To: J. P. who wrote (32367)8/2/2000 4:38:10 AM
From: IQBAL LATIF  Respond to of 50167
 
Few important issues.... economy GDP Fed and impending doom..

<<For one thing, consumer spending, which accounts for two-thirds of GDP, expanded at only a 3 percent annual rate, vs. 7.6 percent in the first quarter.

The big growth came from business, which invested big-time in equipment and software --- at a 21 percent annual rate. This is "new economy" stuff and should be good news for technology stocks once it sinks in.

Construction spending also rebounded, as did significant business inventory building.
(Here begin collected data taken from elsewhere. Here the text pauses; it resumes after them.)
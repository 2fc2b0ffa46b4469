-- ===== src/Prelude/Sums.antt =====
-- Sums over the entries of a map.
use mathlib.Core.Path.{◌≡◌, refl}
use mathlib.Core.Option.{Option, none, some}
use mathlib.Core.List.{[], ◌∷◌}
use native.Mathlib.Omega.{arith}
use ratatosk.Prelude.Eq.{Eq}
use ratatosk.Prelude.Maps.{Map, lookup, insert, remove, IsUnique}
use Prim.Native.Nat.{ℕ, ◌+◌}

module _ {K V : Type 0} (size : K → V → ℕ) where
  abbrev pub total : Map K V → ℕ
  total [] = 0
  total ((k, v) ∷ m) = size k v + total m

  abbrev pub share_of : K → Option V → ℕ
  share_of k none = 0
  share_of k (some v) = size k v

  pub total-insert :
      ⦃e : Eq K⦄ (k : K) (v : V) (m : Map K V)
      → total (insert k v m) + share_of k (lookup k m) ≡ total m + size k v
  unfolding insert lookup
  total-insert k v [] = omega arith
  total-insert ⦃e⦄ k v ((j, w) ∷ m) = ground (arith, e.beq_iff j k, total-insert k v m)

  total-remove_missing :
      ⦃e : Eq K⦄ (k : K) (m : Map K V) → lookup k m ≡ none → total (remove k m) ≡ total m
  unfolding remove lookup
  total-remove_missing k [] n = refl
  total-remove_missing ⦃e⦄ k ((j, w) ∷ m) n =
      ground (arith, e.beq_iff j k, total-remove_missing k m)

  pub total-remove :
      ⦃e : Eq K⦄ (k : K) (m : Map K V)
      → IsUnique m
      → total (remove k m) + share_of k (lookup k m) ≡ total m
  unfolding remove lookup
  total-remove k [] u = refl
  total-remove ⦃e⦄ k ((j, w) ∷ m) (fresh, u) =
      ground (arith, e.beq_iff j k, fresh, total-remove k m u, total-remove_missing k m)
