-- ===== src/Prelude/Words.antt =====
-- Byte strings; `usize` with additions and products that saturate, and wrap-around of 64 bits.
use Prim.Native.Nat.{ℕ, ◌+◌, ◌-◌, ◌*◌, ◌%◌, ◌^◌, min}
use mathlib.Core.List.{List}

abbrev pub max_usize : ℕ
max_usize = 2 ^ 64 - 1

abbrev pub sat_add : ℕ → ℕ → ℕ
sat_add a b = min (a + b) max_usize

abbrev pub sat_mul : ℕ → ℕ → ℕ
sat_mul a b = min (a * b) max_usize

abbrev pub wrap64 : ℕ → ℕ
wrap64 n = n % 2 ^ 64

abbrev pub Bytes : Type 0
Bytes = List ℕ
The other big spender was the government, whose purchases soared at a 6 percent annual rate.

Best of all, perhaps, the GDP "deflator" --- an inflation gauge that is a part of the report --- showed slower price growth: a 2.2 percent annual rate vs. 3.8 percent in the first quarter.

On balance, the GDP report alone is probably not enough to persuade the Fed to raise interest rates again on Aug. 22 --- or to leave them alone.

What will count is the economic news that comes out during August, starting with this week's barrage of July reports --- data more recent than the second quarter. >>

On impending selling Richard Band said on June the 2nd..

<<Like many value-oriented investors, I've expressed concerns in recent years about the possibility that stock prices might be too high.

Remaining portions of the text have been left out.